We manufacture and supply reliable, high-quality medicines and vaccines to meet patients’ needs and drive our performance. Our network of 37 medicines and vaccines manufacturing sites delivered 1.7 billion packs of medicines and 409 million vaccine doses in 2024 to help make a positive impact on the health of millions of people. Our supply chain is not just core to our operations; it’s vital to bringing our innovations to patients as quickly, efficiently and effectively as possible. Technology is transforming how we manufacture medicines and vaccines, enabling us to increase the speed, quality and scale of product supply. We need the very best minds and capability to help us on our journey to make more complex products, harnessing the power of smart manufacturing technologies including robotics, digital solutions and artificial intelligence to deliver for patients. Position Summary You will lead and strengthen quality systems that support safe, compliant and reliable manufacturing and laboratory operations. You will work closely with site teams, technical experts and external partners to maintain strong processes and clear data. We value practical quality systems experience, calm decision-making and a collaborative approach.

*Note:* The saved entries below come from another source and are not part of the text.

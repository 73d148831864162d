-- ===== src/Zktrie/Sparse/Tree/Removal.antt =====
-- Removal from the abstract tree, and reading after it.
use linea_sgx_prover.Prelude.{
  ℕ, zero, suc, Option, none, some, List, [], ◌∷◌, ◌++◌, ◌≡◌, ◌≢◌, inl, inr, refl, arith, ◌==◌,
  if◌then◌else◌, length, Bool-cases,
}
use linea_sgx_prover.Prelude.Results.{Result, ok, err, panic, ◌>>=◌, >>=-inv}
use linea_sgx_prover.Bytes.{Bytes, eq_of_bytes_eq}
use linea_sgx_prover.EthTypes.{Sh256}
use linea_sgx_prover.Zktrie.Types.{
  Env, NodeValue, branch, leaf, empty_leaf, next_free, Node, Error, reached_max_level,
}
use linea_sgx_prover.Zktrie.Node.{empty_leaf_node}
use linea_sgx_prover.Zktrie.Sparse.Tree.{Tree, tip, fork, node_of, read_tip, tree_get, new_fork}
use linea_sgx_prover.Zktrie.Sparse.Tree.Reads.{IsPath, IsPath-tail, IsPath-beside, new_fork-inv}

module _ (env : Env) where
  -- A removal: whatever stands at the end of the path becomes the empty leaf.
  unfoldable pub tree_remove : ℕ → Bytes → Tree → Result Error Tree
  tree_remove zero rest t = err reached_max_level
  tree_remove (suc k) rest (tip n) = ok (tip empty_leaf_node)
  tree_remove (suc k) [] (fork h l r) = panic
  tree_remove (suc k) (b ∷ rest) (fork h l r) =
      let below_left = tree_remove k rest l in
      let below_right = tree_remove k rest r in
      if b == 0
      then (do l' ← below_left; new_fork env l' r)
      else if b == 1
      then (do r' ← below_right; new_fork env l r')
      else panic

-- The branches on a path, in the order in which a removal writes them: the lowest first.
unfoldable pub path_forks : Bytes → Tree → List Node
path_forks rest (tip n) = []
path_forks [] (fork h l r) = []
path_forks (b ∷ rest) (fork h l r) =
    path_forks rest (if b == 0 then l else r) ++ node_of (fork h l r) ∷ []

module _ (env : Env) where
  -- One level of a removal.
  pub data RemoveStep (k b : ℕ) (rest : Bytes) (l r t : Tree) : Type 0 where
    cut_left :
        (l' : Tree)
        → b ≡ 0
        → tree_remove env k rest l ≡ ok l'
        → new_fork env l' r ≡ ok t
        → RemoveStep k b rest l r t
    cut_right :
        (r' : Tree)
        → b ≡ 1
        → tree_remove env k rest r ≡ ok r'
        → new_fork env l r' ≡ ok t
        → RemoveStep k b rest l r t

  pub remove_step :
      (k b : ℕ) (rest : Bytes) (h : Sh256) (l r : Tree) {t : Tree}
      → tree_remove env (suc k) (b ∷ rest) (fork h l r) ≡ ok t
      → RemoveStep k b rest l r t
  unfolding tree_remove
  remove_step k b rest h l r {t} e = elim (Bool-cases (b == 0)) [
    | inl left ↦
        let (l', below, made) =
          >>=-inv (tree_remove env k rest l) (λ l'. new_fork env l' r) (rw left at e) in
        cut_left l' (ground arith) below made
    | inr other ↦ elim (Bool-cases (b == 1)) [
      | inl right ↦
          let (r', below, made) =
            >>=-inv (tree_remove env k rest r) (λ r'. new_fork env l r') (rw (other, right) at e) in
          cut_right r' (ground arith) below made
      | inr neither ↦
          absurd (let p : ◌≡◌ {A = Result Error Tree} panic (ok t) = rw (other, neither) at e in cc)
    ]
  ]

  pub remove_at_tip :
      (k : ℕ) (rest : Bytes) (m : Node) {t : Tree}
      → tree_remove env (suc k) rest (tip m) ≡ ok t
      → t ≡ tip empty_leaf_node
  unfolding tree_remove
  remove_at_tip k rest m {t} h =
      let e : ◌≡◌ {A = Result Error Tree} (ok (tip empty_leaf_node)) (ok t) = h in cc

  -- After a successful removal the path is empty.
  pub tree_get-remove_self :
      (k : ℕ) (rest : Bytes) (t : Tree) {t' : Tree}
      → tree_remove env k rest t ≡ ok t'
      → tree_get k rest t' ≡ ok none
  unfolding tree_get read_tip
  tree_get-remove_self zero rest t h = absurd (unfold tree_remove in cc)
  tree_get-remove_self (suc k) rest (tip m) h = rw (remove_at_tip k rest m h) refl
  tree_get-remove_self (suc k) [] (fork x l r) h = absurd (unfold tree_remove in cc)
  tree_get-remove_self (suc k) (b ∷ rest) (fork x l r) h = elim (remove_step k b rest x l r h) [
    | cut_left l' left below made ↦
        let (f, same, _) = new_fork-inv env l' r made in
        rw (same, left) (tree_get-remove_self k rest l below)
    | cut_right r' right below made ↦
        let (f, same, _) = new_fork-inv env l r' made in
        rw (same, right) (tree_get-remove_self k rest r below)
  ]

  tip_held :
      (raw : NodeValue) (m : Node) (rest other : Bytes) {n : Node} {found : Option Node}
      → read_tip raw m rest ≡ ok (some n)
      → read_tip raw m other ≡ ok found
      → other ≢ rest
      → found ≡ none
  unfolding read_tip
  tip_held (branch b) m rest other g g' ne = absurd (cc)
  tip_held empty_leaf m rest other g g' ne = absurd (ground arith)
  tip_held (leaf l) m rest other g g' ne =
      ground (arith, eq_of_bytes_eq l.path other, eq_of_bytes_eq l.path rest)
  tip_held (next_free l) m rest other g g' ne =
      ground (arith, eq_of_bytes_eq l.path other, eq_of_bytes_eq l.path rest)

  -- A successful removal of a leaf path that is found changes no lookup of another leaf path of the
  -- same length that succeeds.
  pub tree_get-remove_ne :
      (k : ℕ) (rest other : Bytes) (t : Tree) {t' : Tree} {n : Node} {found : Option Node}
      → tree_remove env k rest t ≡ ok t'
      → tree_get k rest t ≡ ok (some n)
      → tree_get k other t ≡ ok found
      → IsPath rest
      → IsPath other
      → length other ≡ length rest
      → other ≢ rest
      → tree_get k other t' ≡ ok found
  unfolding tree_get
  tree_get-remove_ne zero rest other t h held g pr po size ne = absurd (unfold tree_remove in cc)
  tree_get-remove_ne (suc k) rest other (tip m) h held g pr po size ne =
      rw (remove_at_tip k rest m h, tip_held m.raw m rest other held g ne) (unfold read_tip in refl)
  tree_get-remove_ne (suc k) [] other (fork x l r) h held g pr po size ne = absurd pr
  tree_get-remove_ne (suc k) (b ∷ rest) [] (fork x l r) h held g pr po size ne = absurd po
  tree_get-remove_ne (suc k) (b ∷ rest) (c ∷ other) (fork x l r) h held g pr po size ne =
      elim (remove_step k b rest x l r h) [
        | cut_left l' left below made ↦
            let pr' = IsPath-tail b rest pr (omega arith) in
            let (binary, po') = IsPath-beside c rest other po pr' (omega arith) in
            let (f, same, _) = new_fork-inv env l' r made in
            elim (Bool-cases (c == 0)) [
              | inl here ↦
                  rw (same, here)
                    (tree_get-remove_ne k rest other l below (rw left at held) (rw here at g) pr'
                      po' (omega arith) (λ e. ne (ground arith)))
              | inr there ↦ rw (same, there) (rw there at g)
            ]
        | cut_right r' right below made ↦
            let pr' = IsPath-tail b rest pr (omega arith) in
            let (binary, po') = IsPath-beside c rest other po pr' (omega arith) in
            let (f, same, _) = new_fork-inv env l r' made in
            elim (Bool-cases (c == 0)) [
              | inl there ↦ rw (same, there) (rw there at g)
              | inr here ↦
                  rw (same, here)
                    (tree_get-remove_ne k rest other r below (rw right at held) (rw here at g) pr'
                      po' (omega arith) (λ e. ne (ground arith)))
            ]
      ]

This role offers growth, visible impact on patient supply and alignment with GSK’s mission of uniting science, technology and talent to get ahead of disease together.

Requirements

Bachelor’s Degree in a Scientific, Technical, Computer Science discipline or equivalent experience
8+ years’ experience in commercial pharmaceutical manufacturing facility. , biotech or related regulated quality operations, including supervisory roles.
Hands-on experience: change control, deviation investigations, CAPA, document control, and validation or qualification activities.
Familiarity with digital tools and systems.

Nice To Haves

Advanced degree in fields such as Chemistry, Biology, Pharmacy, or Engineering.
Experience managing supplier or contract manufacturing quality relationships.
Knowledge of electronic quality management systems, data integrity frameworks, and regulatory expectations.
Expertise in continuous improvement, data analytics, lean six sigma, and industry standards (cGMP, ISO).
Leadership experience, strong collaboration skills, and effective decision-making capabilities.

Responsibilities

Responsible for creating and driving the Quality digital strategy in collaboration with site and central functions, including delivery of smart manufacturing initiatives.
Provide leadership and strategy for the site data integrity and governance program.
Uses lean six sigma methodologies to advance systemic quality improvements through the GSK production system.
Ensure comprehensive training compliance for all relevant personnel, maintaining up-to-date training records and facilitating necessary training programs.
Manages implementation of local updates to site quality digital systems including VQMS, MERP through appropriate change management procedures.
Develop, implement, and monitor the Quality Improvement Plan, and drive continuous improvement initiatives.
Collaborate with cross-functional teams to ensure alignment and integration of quality systems and processes.
Develop and maintain quality documentation systems, ensuring regulatory compliance, accessibility, and continuous improvement.
Drive initiatives for Quality Culture at site.